Back to Miss Emma’s ulterior motive for writing and publishing her sonnet, David Mikics informs us that she wanted to raise money for the Statue of Liberty’s completion and delivery from France. “Pennies poured in from schoolchildren and working people. Three years later the statute was assembled and delivered.” Let’s move ahead in the volume and significantly in time. Sonnets, we agree, are adaptable. The only constant, or near-constant, is the fourteen lines. Robert Frost’s “Mowing,” an unhinged sonnet with no visible rhyme or meter, underscores the vicissitudes of nature. The poet-farmer in New Hampshire speaks of “no easy enchantment,” where “Anything more than the truth would have seemed too weak.” This poem is catholic and broad, but in a highly private sense. And what could be more representative than that of the taciturn poet, in 1913? “Mowing” appeared in Frost’s first published volume, A Boy’s Will.   

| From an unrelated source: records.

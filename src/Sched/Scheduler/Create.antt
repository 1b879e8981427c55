-- ===== src/Sched/Scheduler/Create.antt =====
-- `thread_create` of kernel/sched/scheduler.c.
use mathlib.Core.Path.{subst}
use scarlett_os.Base.{
  ℕ, ◌+◌, ◌-◌, ◌%◌, ◌^◌, ◌≤◌, ◌<◌, ◌≡◌, ◌≢◌, refl, ap, ◌∙◌, inl, inr, Bool, true, false, some, List,
  [], ◌∷◌, ◌++◌, length, leb, ◌==◌, Bool-cases, arith,
}
use scarlett_os.Base.Update.{update, update_self}
use scarlett_os.Sched.Scheduler.{
  Scheduler, ThreadState, ready, runqueue, thread_create, max_threads,
}
use scarlett_os.Sched.Scheduler.Queue.{NotIn, Distinct, Holds-update}
use scarlett_os.Sched.Scheduler.Append.{Queued, add_to_ready_queue_lem}

-- A new thread as `thread_create` leaves it.
pub record Created (s : Scheduler) (cpu t priority : ℕ) (ts : List ℕ) (s' : Scheduler)
    : Type 0 where
  pub queue : Queued s' cpu priority (ts ++ t ∷ [])
  pub state : s'.state t ≡ ready
  pub entry : s'.thread_table s.next_tid ≡ t

-- The thread's fields and its entry, before it is put into a queue.
abbrev filled : (t priority : ℕ) → Scheduler → Scheduler
filled t priority s = record s {
  next_tid = (s.next_tid + 1) % 2 ^ 64;
  tid = update s.tid t s.next_tid;
  state = update s.state t ready;
  priority = update s.priority t priority;
  next = update s.next t 0;
  cpu_time = update s.cpu_time t 0;
  wakeup_time = update s.wakeup_time t 0;
  thread_table = update s.thread_table s.next_tid t;
}

-- With memory, while fewer than 256 ids have been given out, `thread_create` gives the next id to the
-- new thread, which is ready, in the table under the id and at the end of the queue of its priority.
pub thread_create_lem :
    (fuel cpu t priority : ℕ) (s : Scheduler) (ts : List ℕ)
    → (runqueue cpu s).locked ≡ false
    → priority < 128
    → s.next_tid < 256
    → t ≢ 0
    → Distinct ts
    → NotIn t ts
    → length ts < fuel
    → Queued s cpu priority ts
    → (s' : Scheduler) × (thread_create fuel cpu t true priority s ≡ some (s.next_tid, s'))
      × Created s cpu t priority ts s'
unfolding thread_create
thread_create_lem fuel cpu t priority s ts free p room nz d n enough q =
    let given : (t == 0) ≡ false = ground arith in
    let fits : leb max_threads s.next_tid ≡ false = ground arith in
    let kind : update s.priority t priority t ≡ priority = update_self s.priority t priority in
    let (s', done, added) =
      add_to_ready_queue_lem fuel t cpu (filled t priority s) ts free (rw kind p) nz d n enough
        (rw kind (Holds-update s.next t 0 ((runqueue cpu s).ready_queues priority) ts n q)) in
    (
      s',
      rw (thread_create, given, fits, done) refl,
      record {
        queue = subst (λ (i : ℕ). Queued s' cpu i (ts ++ t ∷ [])) kind added.queue;
        state = ap (λ (f : ℕ → ThreadState). f t) added.states ∙ update_self s.state t ready;
        entry =
            ap (λ (f : ℕ → ℕ). f s.next_tid) added.table ∙ update_self s.thread_table s.next_tid t;
      },
    )

-- Once 256 ids have been given out, no thread is created any more, and the ids go on being used up.
pub thread_create_exhausted :
    (fuel cpu memory : ℕ) (stack : Bool) (priority : ℕ) (s : Scheduler)
    → 256 ≤ s.next_tid
    → s.next_tid < 2 ^ 64 - 1
    → (s' : Scheduler) × (thread_create fuel cpu memory stack priority s ≡ some (0, s'))
      × (256 ≤ s'.next_tid)
unfolding thread_create
thread_create_exhausted fuel cpu memory stack priority s h k =
    let full : leb max_threads s.next_tid ≡ true = ground arith in
    elim (Bool-cases (memory == 0)) [
      | inl z ↦ (s, rw (thread_create, z) refl, h)
      | inr given ↦ elim (Bool-cases stack) [
        | inr z ↦ (s, rw (thread_create, given, z) refl, h)
        | inl room ↦ (
          record s { next_tid = (s.next_tid + 1) % 2 ^ 64 },
          rw (thread_create, given, room, full) refl,
          omega arith,
        )
      ]
    ]
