-- ===== src/Sched/Scheduler/Pick.antt =====
-- `pick_next_thread` of kernel/sched/scheduler.c.
use mathlib.Core.Path.{subst}
use scarlett_os.Base.{
  ℕ, zero, suc, ◌<◌, ◌≡◌, ◌≢◌, refl, sym, ap, ◌∙◌, inl, inr, Bool, true, false, not, ◌&&◌, none,
  some, List, [], ◌∷◌, ◌++◌, length, length-append, ◌==◌, if◌then◌else◌, Bool-cases, arith,
}
use scarlett_os.Base.Update.{update, update_self, update_ne}
use scarlett_os.Sched.Scheduler.{
  Scheduler, is_ready, runqueue, set_head, set_next, take_first, highest, pick_next_thread,
}
use scarlett_os.Sched.Scheduler.Queue.{
  Holds, NotIn, Distinct, Holds-update, Holds-append, last_of_lem, last_cases, NotIn-append,
  Distinct-last, Holds-nonempty,
}
use scarlett_os.Sched.Scheduler.Append.{Queued, head_self}

-- The search over the priorities finds the highest with a thread.
pub highest_is :
    (n i : ℕ) (queues : ℕ → ℕ)
    → i < n
    → queues i ≢ 0
    → ((j : ℕ) → i < j → j < n → queues j ≡ 0)
    → highest n queues ≡ some i
unfolding highest
highest_is zero i queues h k none_above = absurd (omega arith)
highest_is (suc n) i queues h k none_above = elim (Bool-cases (n == i)) [
  | inl e ↦
      let same : n ≡ i = ground arith in
      let head : (queues n == 0) ≡ false = rw same (ground arith) in rw (highest, head, same) refl
  | inr e ↦
      let empty : queues n ≡ 0 = none_above n (ground arith) (omega arith) in
      rw (highest, empty)
        (highest_is n i queues (ground arith) k (λ j lt lt'. none_above j lt (omega arith)))
]

pub highest-none :
    (n : ℕ) (queues : ℕ → ℕ) → ((j : ℕ) → j < n → queues j ≡ 0) → highest n queues ≡ none
unfolding highest
highest-none zero queues h = refl
highest-none (suc n) queues h =
    rw (highest, h n (omega arith)) (highest-none n queues (λ j lt. h j (omega arith)))

-- Whether a thread that has been picked is put at the end of its queue again.
abbrev pub rotates : ℕ → ℕ → Scheduler → Bool
rotates cpu t s = not (t == (runqueue cpu s).idle_thread) && is_ready (s.state t)

-- The first thread is picked; it is put behind the others or leaves the queue.
pub record Picked (s : Scheduler) (cpu i t : ℕ) (rest : List ℕ) (s' : Scheduler) : Type 0 where
  pub queue : Queued s' cpu i (if rotates cpu t s then rest ++ t ∷ [] else rest)
  pub states : s'.state ≡ s.state

rotated :
    (fuel cpu i t : ℕ) (s : Scheduler) (rest : List ℕ)
    → rotates cpu t s ≡ true
    → Distinct (t ∷ rest)
    → length rest < fuel
    → Queued s cpu i (t ∷ rest)
    → (s' : Scheduler) × (take_first fuel cpu i s ≡ some (t, s'))
      × Queued s' cpu i (rest ++ t ∷ [])
      × (s'.state ≡ s.state)
unfolding take_first
rotated fuel cpu i t s rest r (n, d) enough (first, nz, q) = elim (last_cases rest) [
  | inl e ↦
      let end : s.next t ≡ 0 = subst (λ (l : List ℕ). Holds s.next (s.next t) l) e q in
      (
        set_next t 0 (set_head cpu i t s),
        rw (take_first, first, r, end) refl,
        subst (λ (l : List ℕ). Queued (set_next t 0 (set_head cpu i t s)) cpu i (l ++ t ∷ []))
            (sym e) (head_self cpu i t s, nz, update_self s.next t 0),
        refl,
      )
  | inr (us, last, e) ↦
      let next1 = update s.next t 0 in
      let q' : Holds next1 (s.next t) (us ++ last ∷ []) =
        subst (λ (l : List ℕ). Holds next1 (s.next t) l) e
          (Holds-update s.next t 0 (s.next t) rest n q) in
      let (before, other) = NotIn-append t last us (subst (NotIn t) e n) in
      let enough' : length us < fuel =
        omega (arith, ap (λ (l : List ℕ). length l) e, length-append us (last ∷ [])) in
      let more : (s.next t == 0) ≡ false =
        ground (arith, Holds-nonempty next1 (s.next t) last us q') in
      let walk = last_of_lem fuel next1 (s.next t) last us q' enough' in
      let s' = set_next last t (set_next t 0 (set_head cpu i (s.next t) s)) in
      let queue : Holds (update next1 last t) (s.next t) ((us ++ last ∷ []) ++ t ∷ []) =
        Holds-append next1 (update next1 last t) (s.next t) last t us (update_self next1 last t)
          (update_ne next1 last t t (λ h. other (sym h)) ∙ update_self s.next t 0)
          (λ u h k. update_ne next1 last u t (λ z. h (sym z)))
          (Distinct-last last us (subst Distinct e d)) before nz q' in
      (
        s',
        rw (take_first, first, r, more, walk) refl,
        subst (λ (l : List ℕ). Queued s' cpu i (l ++ t ∷ [])) (sym e)
            (rw (head_self cpu i (s.next t) s) queue),
        refl,
      )
]

left :
    (fuel cpu i t : ℕ) (s : Scheduler) (rest : List ℕ)
    → rotates cpu t s ≡ false
    → Queued s cpu i (t ∷ rest)
    → (s' : Scheduler) × (take_first fuel cpu i s ≡ some (t, s'))
      × Queued s' cpu i rest
      × (s'.state ≡ s.state)
unfolding take_first
left fuel cpu i t s rest r (first, nz, q) = (
  set_head cpu i (s.next t) s,
  rw (take_first, first, r) refl,
  rw (head_self cpu i (s.next t) s) q,
  refl,
)

-- With a free lock and fuel for the queue's length, `pick_next_thread` picks the first thread of the
-- highest priority that has one, and puts it behind the others if it is ready and not the idle thread.
pub pick_next_thread_lem :
    (fuel cpu i t : ℕ) (s : Scheduler) (rest : List ℕ)
    → (runqueue cpu s).locked ≡ false
    → i < 128
    → ((j : ℕ) → i < j → j < 128 → (runqueue cpu s).ready_queues j ≡ 0)
    → Distinct (t ∷ rest)
    → length rest < fuel
    → Queued s cpu i (t ∷ rest)
    → (s' : Scheduler) × (pick_next_thread fuel cpu s ≡ some (t, s')) × Picked s cpu i t rest s'
unfolding pick_next_thread
pick_next_thread_lem fuel cpu i t s rest free lt none_above d enough q =
    let (first, nz, q') = q in
    let found = highest_is 128 i (runqueue cpu s).ready_queues lt (rw first nz) none_above in
    elim (Bool-cases (rotates cpu t s)) [
      | inl r ↦
          let (s', done, queue, states) = rotated fuel cpu i t s rest r d enough q in
          (
            s',
            rw (pick_next_thread, free, found) done,
            record { queue = rw r queue; states = states },
          )
      | inr r ↦
          let (s', done, queue, states) = left fuel cpu i t s rest r q in
          (
            s',
            rw (pick_next_thread, free, found) done,
            record { queue = rw r queue; states = states },
          )
    ]
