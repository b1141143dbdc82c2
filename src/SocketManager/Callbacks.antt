-- ===== src/SocketManager/Callbacks.antt =====
-- What the protocols call back: src/connection/socket_manager/socket_manager.c. A callback on a
-- connection is given the connection as it stands in `all_connections`.
use ctaps.Prelude.{ℕ, zero, suc, Bool, false, Option, none, some, ◌==◌, if◌then◌else◌}
use ctaps.SocketManager.State.{
  CloseReason, graceful, establishment_failed, connection_failed, Connection, Listener,
  connection_ready, connection_closed, connection_error, establishment_error, listener_ready,
  listener_closed, listener_establishment_error, connection_received, close_socket, Manager, call,
  call_if, is_establishing, mark_as_closed, mark_as_established, listener_mark_as_closed,
  get_num_open_dependents, get_last_open_connection,
}

unfoldable pub notify_of_connection_close : Connection → Manager → Manager
notify_of_connection_close c m = elim m.close_reason [
  | graceful ↦ call_if c.on_closed (connection_closed c.uuid) m
  | connection_failed ↦ call_if c.on_connection_error (connection_error c.uuid) m
  | establishment_failed ↦ call_if c.on_establishment_error (establishment_error c.uuid) m
]

unfoldable pub notify_of_listener_close : Option Listener → Manager → Manager
notify_of_listener_close none m = m
notify_of_listener_close (some l) m = elim m.close_reason [
  | establishment_failed ↦ call_if l.on_establishment_error listener_establishment_error m
  | _ ↦ call_if l.on_closed listener_closed m
]

-- The body of the callback, by the connection that is still open.
unfoldable pub socket_closed : Option Connection → Manager → Manager
socket_closed (some c) m = notify_of_connection_close c (mark_as_closed c.uuid m)
socket_closed none m =
    let l = listener_mark_as_closed m.listener in
    notify_of_listener_close l (record m { listener = l })

unfoldable pub closed_socket_cb : Manager → Manager
closed_socket_cb m = socket_closed (get_last_open_connection m.all_connections) m

-- The last open dependent takes the socket along, and hears of it when the socket is closed.
unfoldable pub close_with_reason : CloseReason → Manager → Manager
close_with_reason r m = call close_socket (record m { close_reason = r })

unfoldable pub closed_connection_cb : Connection → Manager → Manager
closed_connection_cb c m =
    if get_num_open_dependents m == 1
    then close_with_reason graceful m
    else call_if c.on_closed (connection_closed c.uuid) (mark_as_closed c.uuid m)

unfoldable pub establishment_error_cb : Connection → Manager → Manager
establishment_error_cb c m =
    if get_num_open_dependents m == 1
    then close_with_reason establishment_failed m
    else call_if c.on_establishment_error (establishment_error c.uuid) (mark_as_closed c.uuid m)

unfoldable pub aborted_connection_cb : Connection → Manager → Manager
aborted_connection_cb c m =
    if get_num_open_dependents m == 1
    then close_with_reason (if is_establishing c then establishment_failed else connection_failed) m
    else let d = mark_as_closed c.uuid m in
      if is_establishing c
      then call_if c.on_establishment_error (establishment_error c.uuid) d
      else call_if c.on_connection_error (connection_error c.uuid) d

unfoldable pub connection_ready_cb : Connection → Manager → Manager
connection_ready_cb c m =
    call_if c.on_ready (connection_ready c.uuid) (mark_as_established c.uuid m)

abbrev on_received : Option Listener → Bool
on_received none = false
on_received (some l) = l.on_connection_received

unfoldable pub connection_received_cb : Connection → Manager → Manager
connection_received_cb c m =
    call_if (on_received m.listener) (connection_received c.uuid) (mark_as_established c.uuid m)

unfoldable pub listener_closed_cb : Manager → Manager
listener_closed_cb m =
    if get_num_open_dependents m == 1
    then close_with_reason graceful m
    else let l = listener_mark_as_closed m.listener in
      notify_of_listener_close l (record m { listener = l })

-- `rc` is what the protocol's `listen` returns.
unfoldable pub listen : ℕ → Listener → Manager → Manager
listen zero l m = call_if l.on_ready listener_ready m
listen (suc rc) l m = call_if l.on_establishment_error listener_establishment_error m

Hart Crane took a day away from his epochal long poem “The Bridge” to write “To Emily Dickinson.” Of Crane’s homage, Stephen Burt writes that this ” . . . is a poem about spiritual and artistic failure, about obscurity, silence, and the abandonment of impossible projects. . .”  The suggestion that the poem may also be autobiographical cannot be disputed. Some poems included here — Ted Berrigan’s “The Sonnets 44 (1964) — scatter rhymes to achieve something essential in the busyness and peccadilloes of New York. Find here too poets of the Harlem Renaissance, Miss Elizabeth Bishop and her friend Robert Lowell, who insists on blank verse. Les Murray, who once dreamed of wearing shorts forever, checks in from down-under. Rita Dove offers a remarkable poem touching the Greek myth of Persephone. Derek Wolcott’s briny sonnet complements his Caribbean energy and experience. Let’s take a look at the concluding lines to Wolcott’s “The Morning Man:”

It’s early December,
the breeze freshens the skin of this earth,
the goose-skin of water,
and I notice the blue plunge
of shadows down Morne Coco Mountain,
December’s sundail,
happy that the earth is still changing,
that the full moon can blind me with her forehead
this bright foreday morning,
and that fine sprigs of white are springing from my beard.

Rarely has a poetry anthology been better conceived, for purpose or pleasure. If I had to quibble it would only be to say that I had expected to find one of the best and most often anthologized of all American sonnets, “Those Winter Sundays,” by Robert Hayden. It is not included. Surely I can make a decent excuse for the good professors’ decision, as editors, to leave it out. The fact that it is so well known and loved leaves room for one more in the collection that we know less well. At the end of the day I admit that I would not want to be without medical doctor and poet Rafael Campo’s poem, from 2007, “Rest Stop near the Italian Border.” Like so many in this volume, his is a poem I will come back to. 

  
Arthur McMaster earned an MFA from the University of Florida. He now teaches creative writing and American Literature at Converse College. He is the author of Musical Muse, Wives and Lovers of the Great Composers, as well as two chapbooks of poetry. His work has been nominated for a Pushcart Prize and was twice a runner up for the James A. Hearst Poetry Prize.